SILICATE DIAGENESIS IN MICROBIALLY ACTIVE SEDIMENTS OF THE ATLANTIC COASTAL PLAIN, SC

Microbial acetogenesis has been shown to be the most significant organic-acid producing mechanism during low temperature diagenesis of Atlantic Coastal Plain sediments. Microbial processes have an important role in mineral dissolution and providing material for mineral precipitation. Field and laboratory evidence show that sediments at Lake City, SC contain viable microorganisms actively producing organic-acids (formate and acetate). A description of the K₂O-SiO₂-AlO₂ diagenetic phases formed in Atlantic Coastal Plain sediments at Lake City, SC is provided.

To evaluate low temperature diagenetic products in microbially contaminated sediments at Lake City, SC, 40 m of core material was examined by light microscopy, scanning and transmission electron microscopy (SEM, TEM), X-ray diffraction analysis (XRD) and electron microprobe (EM). Geochemical modeling of the present-day groundwater composition provided mineral saturation indices for select silicate phases. Air permeability and Hg-porosimetry measurements were obtained to quantify the heterogeneity in fluid transport mechanisms between sands and clays.

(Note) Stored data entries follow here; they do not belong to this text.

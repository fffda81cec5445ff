-- ===== src/Webhook/Delivered.antt =====
-- Where src/modules/webhook/workers/webhook-delivery.worker.ts sends an event, and how often.
use text.Mathlib.Text.{◌==◌ as str_eq}
use text.Mathlib.TextEquality.{eq_iff}
use multi_tenant_collaborati.Common.{
  ℕ, ◌≡◌, refl, ap, inl, inr, String, Bool, true, false, ◌++◌, ◌⊎◌, Option, none, some, List, [],
  ◌∷◌, Memᴰ, Memᴰ-cons, arith, Bool-cases, Option-cases, ok, err, Result,
}
use multi_tenant_collaborati.Webhook.Row.{
  WebhookRow, failed, WebhookDeliveryLogRow, Post, WebhookDb,
}
use multi_tenant_collaborati.Webhook.Repository.{
  SqlType, find_webhook, find_delivery_log, update_delivery_log,
}
use multi_tenant_collaborati.Webhook.Service.{Url, Resolver, is_private_ip}
use multi_tenant_collaborati.Webhook.Worker.{
  WebhookDeliveryJobData, Receiver, signed_post, deliver_webhook, attempt, is_success, logged_rows,
  caught, finish, settle, deliver_to, with_log, was_delivered, webhook_delivery_worker_job,
}

-- The address of a call of `axios.post` is public unicast.
abbrev pub IsPublic : Receiver → Post → Type 0
IsPublic net p = net.resolver.range p.address ≡ some "unicast"

-- Every call went to a public address, and axios came to another address only where the receiver at a
-- public address redirected it there.
pub record AllChecked (net : Receiver) (db : WebhookDb) : Type 0 where
  pub direct : (p : Post) → Memᴰ p db.posts → IsPublic net p
  pub redirected :
      (address : String)
      → Memᴰ address db.followed
      → (p : Post) × IsPublic net p × Memᴰ address (net.post p).0

public_range :
    (net : Resolver) (address : String)
    → is_private_ip net address ≡ false
    → net.range address ≡ some "unicast"
unfolding is_private_ip
public_range net address open_ = elim (Option-cases (net.range address)) [
  | inl missing ↦ absurd (ground arith)
  | inr (r, e) ↦
      let same : str_eq r "unicast" ≡ true = ground arith in
      rw e (ap some ((eq_iff r "unicast").0 same))
]

-- A member of a list that was put before another is of one of the two.
mem-append : {A : Type 0} (x : A) (xs ys : List A) → Memᴰ x (xs ++ ys) → Memᴰ x xs ⊎ Memᴰ x ys
mem-append x [] ys m = inr m
mem-append x (y ∷ xs) ys m = elim ((Memᴰ-cons x y (xs ++ ys)).0 m) [
  | inl same ↦ inl ((Memᴰ-cons x y xs).1 (inl same))
  | inr later ↦ elim (mem-append x xs ys later) [
    | inl l ↦ inl ((Memᴰ-cons x y xs).1 (inr l))
    | inr r ↦ inr r
  ]
]

sent-AllChecked :
    (net : Receiver) (post : Post) (db : WebhookDb)
    → AllChecked net db
    → IsPublic net post
    → AllChecked net
        (record db { posts = post ∷ db.posts; followed = (net.post post).0 ++ db.followed })
sent-AllChecked net post db all public' = record {
  direct = λ p m. elim ((Memᴰ-cons p post db.posts).0 m) [
    | inl new ↦ rw new public'
    | inr old ↦ all.direct p old
  ];
  redirected = λ address m. elim (mem-append address (net.post post).0 db.followed m) [
    | inl new ↦ (post, public', new)
    | inr old ↦ all.redirected address old
  ];
}

-- What an attempt leaves alone, and where it sends.
pub record IsAttempt (net : Receiver) (db after : WebhookDb) : Type 0 where
  pub checked : AllChecked net db → AllChecked net after
  pub log : after.delivery_log ≡ db.delivery_log
  pub webhooks : after.webhooks ≡ db.webhooks

no-IsAttempt : {net : Receiver} {db : WebhookDb} → IsAttempt net db db
no-IsAttempt = record { checked = λ all. all; log = refl; webhooks = refl }

deliver_webhook-IsAttempt :
    (net : Receiver) (job : WebhookDeliveryJobData) (url : Url) (secret : String) (db : WebhookDb)
    → IsAttempt net db (deliver_webhook net job url secret db).1
unfolding deliver_webhook
deliver_webhook-IsAttempt net job url secret db =
    elim (Option-cases (net.resolver.lookup url.hostname)) [
      | inl missing ↦ rw missing no-IsAttempt
      | inr (address, found) ↦ elim (Bool-cases (is_private_ip net.resolver address)) [
        | inl private ↦ rw (found, private) no-IsAttempt
        | inr public_ ↦
            let post = signed_post net job url.hostname secret address in
            let sent : IsAttempt net db (record db {
              posts = post ∷ db.posts;
              followed = (net.post post).0 ++ db.followed;
            }) =
              record {
                checked = λ all.
                    sent-AllChecked net post db all (public_range net.resolver address public_);
                log = refl;
                webhooks = refl;
              } in
            elim (Option-cases (net.post post).1) [
              | inl lost ↦ rw (found, public_, lost) sent
              | inr (status, answered) ↦ rw (found, public_, answered) sent
            ]
      ]
    ]

pub attempt-IsAttempt :
    (net : Receiver) (job : WebhookDeliveryJobData) (webhook : WebhookRow) (db : WebhookDb)
    → IsAttempt net db (attempt net job webhook db).1
unfolding attempt
attempt-IsAttempt net job webhook db = elim (Option-cases (net.resolver.parse_url webhook.url)) [
  | inl bad ↦ rw bad no-IsAttempt
  | inr (url, parsed) ↦ elim (Option-cases (net.decrypt_secret webhook.secret_encrypted)) [
    | inl lost ↦ rw (parsed, lost) no-IsAttempt
    | inr (secret, known) ↦ rw (parsed, known) (deliver_webhook-IsAttempt net job url secret db)
  ]
]

-- Logging changes only the delivery log.
abbrev SameSent : WebhookDb → WebhookDb → Type 0
SameSent db after = (after.posts ≡ db.posts) × (after.followed ≡ db.followed)

caught-SameSent :
    (accepts : List SqlType → Bool) (now log : ℕ) (code : Option ℕ) (db : WebhookDb)
    → SameSent db (caught accepts now log code db).1
caught-SameSent accepts now log code db =
    elim (Option-cases (update_delivery_log accepts now log failed code db.delivery_log)) [
      | inl refused ↦ rw refused (refl, refl)
      | inr (rows, taken) ↦ rw taken (refl, refl)
    ]

finish-SameSent :
    (accepts : List SqlType → Bool) (now log status : ℕ) (db : WebhookDb)
    (rows : Option (List WebhookDeliveryLogRow))
    → SameSent db (finish accepts now log status (logged_rows rows db) db).1
finish-SameSent accepts now log status db none = caught-SameSent accepts now log (some status) db
finish-SameSent accepts now log status db (some rows) = elim (Bool-cases (is_success status)) [
  | inl success ↦ rw success (refl, refl)
  | inr other ↦ rw other (caught-SameSent accepts now log (some status) _)
]

settle-SameSent :
    (accepts : List SqlType → Bool) (now log : ℕ) (answer : Result ℕ) (db : WebhookDb)
    → SameSent db (settle accepts now log answer db).1
unfolding settle
settle-SameSent accepts now log (err e) db = caught-SameSent accepts now log none db
settle-SameSent accepts now log (ok status) db = finish-SameSent accepts now log status db _

SameSent-AllChecked :
    (net : Receiver) (db after : WebhookDb)
    → SameSent db after
    → AllChecked net db
    → AllChecked net after
SameSent-AllChecked net db after (posts, followed) all = record {
  direct = λ p m. all.direct p (rw posts at m);
  redirected = λ address m. all.redirected address (rw followed at m);
}

pub deliver_to-run :
    (net : Receiver) (now : ℕ) (job : WebhookDeliveryJobData) (log : ℕ) (webhook : WebhookRow)
    (db : WebhookDb)
    → webhook.is_active ≡ true
    → deliver_to net now job log (some webhook) db
      ≡ settle net.accepts now log (attempt net job webhook db).0 (attempt net job webhook db).1
unfolding deliver_to
deliver_to-run net now job log webhook db active = ground arith

deliver_to-inactive :
    (net : Receiver) (now : ℕ) (job : WebhookDeliveryJobData) (log : ℕ) (webhook : WebhookRow)
    (db : WebhookDb)
    → webhook.is_active ≡ false
    → deliver_to net now job log (some webhook) db ≡ (ok tt, db)
unfolding deliver_to
deliver_to-inactive net now job log webhook db inactive = ground arith

deliver_to-AllChecked :
    (net : Receiver) (now : ℕ) (job : WebhookDeliveryJobData) (log : ℕ)
    (webhook : Option WebhookRow) (db : WebhookDb)
    → AllChecked net db
    → AllChecked net (deliver_to net now job log webhook db).1
unfolding deliver_to
deliver_to-AllChecked net now job log none db all = all
deliver_to-AllChecked net now job log (some webhook) db all = elim (Bool-cases webhook.is_active) [
  | inl active ↦
      let (answer, after) = attempt net job webhook db in
      rw (deliver_to-run net now job log webhook db active) (
        SameSent-AllChecked net after _ (settle-SameSent net.accepts now log answer after)
          ((attempt-IsAttempt net job webhook db).checked all))
  | inr inactive ↦ rw (deliver_to-inactive net now job log webhook db inactive) all
]

pub with_log-keeps :
    (new_id now : ℕ) (job : WebhookDeliveryJobData) (existing : Option WebhookDeliveryLogRow)
    (db : WebhookDb)
    → SameSent db (with_log new_id now job existing db).1
      × ((with_log new_id now job existing db).1.webhooks ≡ db.webhooks)
with_log-keeps new_id now job none db = ((refl, refl), refl)
with_log-keeps new_id now job (some log) db = ((refl, refl), refl)

job-AllChecked :
    (net : Receiver) (new_id now : ℕ) (job : WebhookDeliveryJobData) (db : WebhookDb)
    → AllChecked net db
    → AllChecked net (webhook_delivery_worker_job net new_id now job db).1
unfolding webhook_delivery_worker_job
job-AllChecked net new_id now job db all =
    let existing = find_delivery_log job.webhook_id job.event_id db.delivery_log in
    let (log, logged) = with_log new_id now job existing db in
    let (same, _) = with_log-keeps new_id now job existing db in
    elim (Bool-cases (was_delivered existing)) [
      | inl before ↦ rw before all
      | inr first ↦ rw first (
          deliver_to-AllChecked net now job log
            (find_webhook job.webhook_id job.org_id logged.webhooks) logged
            (SameSent-AllChecked net db logged same all))
    ]

-- The jobs of a queue, each with the id and time of its run.
unfoldable pub run_jobs : Receiver → List (ℕ × ℕ × WebhookDeliveryJobData) → WebhookDb → WebhookDb
run_jobs net [] db = db
run_jobs net ((new_id, now, job) ∷ jobs) db =
    run_jobs net jobs (webhook_delivery_worker_job net new_id now job db).1

-- Whatever the subscriptions and the names they resolve to, no sequence of delivery jobs calls
-- `axios.post` with an address that is not public unicast, and axios comes to another address only
-- where the receiver at a public address redirects it there: that address is not checked.
pub run_jobs-AllChecked :
    (net : Receiver) (jobs : List (ℕ × ℕ × WebhookDeliveryJobData)) (db : WebhookDb)
    → AllChecked net db
    → AllChecked net (run_jobs net jobs db)
unfolding run_jobs
run_jobs-AllChecked net [] db all = all
run_jobs-AllChecked net ((new_id, now, job) ∷ jobs) db all =
    run_jobs-AllChecked net jobs _ (job-AllChecked net new_id now job db all)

Lake City, SC sediments are deltaic sands, silts and clays, with minor carbonate and silica cemented zones. Quartz, k-feldspar, mica, and illite/smectite are the dominant detrital minerals. Scanning electron microscopy supports XRD findings of opal-CT, clinoptilolite, and authigenic k-feldspar. Authigenesis is most dominant in fine-grain silts where opal-CT and clinoptilolite occur as pore-filling cements and syntaxial to detrital species. In the silts, multiple episodes of authigenic k-feldspar and opal-CT observed in SEM. A complex precipitation history is to be expected where microbial processes are active in mineral dissolution and providing material for mineral precipitation.